Nesse compasso da lida com a natureza onde o tempo é diferente e segue a Lei da Fazenda, teremos que aprender a driblar as incertezas: papel e lápis em mãos ou smartphones fazendo conta para reduzir o custo operacional, inovação, desenvolvimentos de novas habilidades, treinamentos, busca de novos conhecimentos, troca de experiências de campo, comunicação clara, gestão da fazenda (planejamento, execução e controle) da porteira da fazenda para dentro.
Da porteira para fora, desenvolver a união, associativismo, cooperativismo, manter diálogo franco e respeitoso com os atores da cadeia produtiva e outros participantes. E, construir uma bancada do cacau na política, este é o maior desafio e o maior enigma da cultura grapiúna. Enquanto, não a construímos, vamos dialogar com os representantes para que as nossas vozes sejam ouvidas pelo governo.
A minha certeza é que na outra ponta está o consumidor de chocolate, dizem até que: “de cada dez pessoas que come chocolate uma não gosta, porém está mentindo.”

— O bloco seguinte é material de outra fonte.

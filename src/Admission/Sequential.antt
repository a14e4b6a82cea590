-- ===== src/Admission/Sequential.antt =====
-- internal/admission/admitter.go: the goroutines do what run does over one list of events.
use flashsale_reservation.Prelude.{
  ℕ, ◌≡◌, ◌⊎◌, inl, inr, refl, sym, ap, subst, ◌∙◌, Bool, ◌||◌, Option, none, some, List, [], ◌∷◌,
  ◌++◌, length,
}
use flashsale_reservation.Admission.{
  Admitter, Event, joined, asked_depth, Reply, placed, counted, new_admitter, turn, run,
}
use flashsale_reservation.Admission.Calls.{
  Joining, awaiting_position, awaiting_admission, Asking, awaiting_result, Channels, closes, Step,
  Steps, here, then, opened, join_received, position_read, admission_seen, send_given_up,
  position_given_up, admission_given_up, loop_turns, depth_received, result_read, done_seen,
  ask_given_up, result_given_up, loop_returns, service_ends, join_ends, depth_ends,
}
use flashsale_reservation.Admission.Replies.{
  IsSent, PositionSent, DepthSent, Follows, run-snoc, closed-snoc, quiet-closed, joined-closes,
  asked-closes, some_eq, snoc-PositionSent, snoc-DepthSent,
}

-- One more event.
run-turn :
    (es : List Event) (e : Event) (a : Admitter)
    → (run es new_admitter).1 ≡ a
    → run (es ++ (e ∷ [])) new_admitter
      ≡ ((run es new_admitter).0 ++ ((turn e a).0 ∷ []), (turn e a).1)
run-turn es e a same = rw (← same) (run-snoc es e new_admitter)

loop_of :
    (loop : Option Admitter) (a b : Admitter)
    → loop ≡ some a
    → (loop ≡ none) ⊎ (loop ≡ some b)
    → b ≡ a
loop_of loop a b l (inl gone) = absurd cc
loop_of loop a b l (inr running) = cc

abbrev pub Followed : ℕ → Channels → Type 0
Followed j r = (es : List Event) × Follows j r (run es new_admitter)

-- What holds of the replies and the admitter of one more event holds of a run.
follow_turn :
    (j : ℕ) (q : Channels) (es : List Event) (e : Event) (a : Admitter)
    → (run es new_admitter).1 ≡ a
    → Follows j q ((run es new_admitter).0 ++ ((turn e a).0 ∷ []), (turn e a).1)
    → Followed j q
follow_turn j q es e a same h = (
  es ++ (e ∷ []),
  subst (λ (p : List Reply × Admitter). Follows j q p) (sym (run-turn es e a same)) h,
)

PositionSent-at :
    (j : ℕ) (r : Channels) (s : Joining) (replies : List Reply)
    → r.join ≡ s
    → PositionSent j r.join r.position replies
    → PositionSent j s r.position replies
PositionSent-at j r s replies e h = subst (λ (t : Joining). PositionSent j t r.position replies) e h

DepthSent-at :
    (r : Channels) (s : Asking) (replies : List Reply)
    → r.depth ≡ s
    → DepthSent r.depth r.result replies
    → DepthSent s r.result replies
DepthSent-at r s replies e h = subst (λ (t : Asking). DepthSent t r.result replies) e h

Step-Followed : (j : ℕ) (p q : Channels) → Step j p q → Followed j p → Followed j q
Step-Followed j r q (join_received _ a l s) (es, (o, c, h, d)) =
    let same = loop_of r.loop a (run es new_admitter).1 l o in
    follow_turn j q es (joined j) a same (
      inr refl,
      c ∙ quiet-closed j (run es new_admitter).0 _ (joined-closes j j a),
      (a.next_position, refl, ((run es new_admitter).0, [], unfold turn in refl)),
      snoc-DepthSent r.depth r.result (run es new_admitter).0 _ d,
    )
Step-Followed j r q (position_read _ n s e) (es, (o, c, h, d)) =
    let (m, e', sent) = PositionSent-at j r awaiting_position (run es new_admitter).0 s h in
    (
      es,
      (
        o,
        c,
        subst (λ (k : ℕ). IsSent (placed j k) (run es new_admitter).0) (some_eq (sym e' ∙ e)) sent,
        d,
      ),
    )
Step-Followed j r q (admission_seen _ n s k) (es, (o, c, h, d)) = (
  es,
  (o, c, (PositionSent-at j r (awaiting_admission n) (run es new_admitter).0 s h, sym c ∙ k), d),
)
Step-Followed j r q (send_given_up _ s k) (es, (o, c, h, d)) = (es, (o, c, tt, d))
Step-Followed j r q (position_given_up _ s k) (es, (o, c, h, d)) = (es, (o, c, tt, d))
Step-Followed j r q (admission_given_up _ n s k) (es, (o, c, h, d)) = (es, (o, c, tt, d))
Step-Followed j r q (loop_turns _ a e l other) (es, (o, c, h, d)) =
    follow_turn j q es e a (loop_of r.loop a (run es new_admitter).1 l o) (
      inr refl,
      ap (λ (b : Bool). b || closes j (turn e a).0) c
          ∙ closed-snoc j (run es new_admitter).0 (turn e a).0,
      snoc-PositionSent j r.join r.position (run es new_admitter).0 _ h,
      snoc-DepthSent r.depth r.result (run es new_admitter).0 _ d,
    )
Step-Followed j r q (depth_received _ a l s) (es, (o, c, h, d)) =
    follow_turn j q es asked_depth a (loop_of r.loop a (run es new_admitter).1 l o) (
      inr refl,
      c ∙ quiet-closed j (run es new_admitter).0 _ (asked-closes j a),
      snoc-PositionSent j r.join r.position (run es new_admitter).0 _ h,
      (length a.queue, refl, ((run es new_admitter).0, [], unfold turn in refl)),
    )
Step-Followed j r q (result_read _ n s e) (es, (o, c, h, d)) =
    let (m, e', sent) = DepthSent-at r awaiting_result (run es new_admitter).0 s d in
    (
      es,
      (
        o,
        c,
        h,
        subst (λ (k : ℕ). IsSent (counted k) (run es new_admitter).0) (some_eq (sym e' ∙ e)) sent,
      ),
    )
Step-Followed j r q (done_seen _ s l) (es, (o, c, h, d)) = (es, (o, c, h, tt))
Step-Followed j r q (ask_given_up _ s k) (es, (o, c, h, d)) = (es, (o, c, h, tt))
Step-Followed j r q (result_given_up _ s k) (es, (o, c, h, d)) = (es, (o, c, h, tt))
Step-Followed j r q (loop_returns _ k) (es, (o, c, h, d)) = (es, (inl refl, c, h, d))
Step-Followed j r q (service_ends _) h = h
Step-Followed j r q (join_ends _) h = h
Step-Followed j r q (depth_ends _) h = h

Steps-Followed : (j : ℕ) (p q : Channels) → Steps j p q → Followed j p → Followed j q
Steps-Followed j p q (here _) h = h
Steps-Followed j p q (then _ m _ first rest) h =
    Steps-Followed j m q rest (Step-Followed j p m first h)

-- The goroutines do what run does alone: in whatever order the loop, the calls and their contexts take
-- their steps, there is one list of events such that the loop, unless it has returned, is where run is
-- after that list, the joiner's channel is closed exactly if run has closed it, and the position and
-- the depth that the calls have read, or find in their channels, are among the replies of run. A
-- joiner that was let in has had both its replies.
pub calls_follow_run : (j : ℕ) (r : Channels) → Steps j opened r → Followed j r
calls_follow_run j r steps =
    Steps-Followed j opened r steps ([], (unfold run in (inr refl, refl, tt, tt)))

Por fim, um aforismo sem juízo recheado de certezas incertas: os preços devem ficar entre 5/7 mil dólares e a partir de janeiro de 2026 o mercado deve subir. Por favor não me cobrem “certezas” pois já arrisco a minha pele plantando e cultivando cacau, e sou muito realizado.
Em tempo: enquanto revisava o texto, O governo norte americano (Trump) eliminou as tarifas de exportação para produtos de cacau brasileiro. Cabe agora uma nova incerteza, a indústria moageira vai repassar os ganhos aos produtores brasileiros?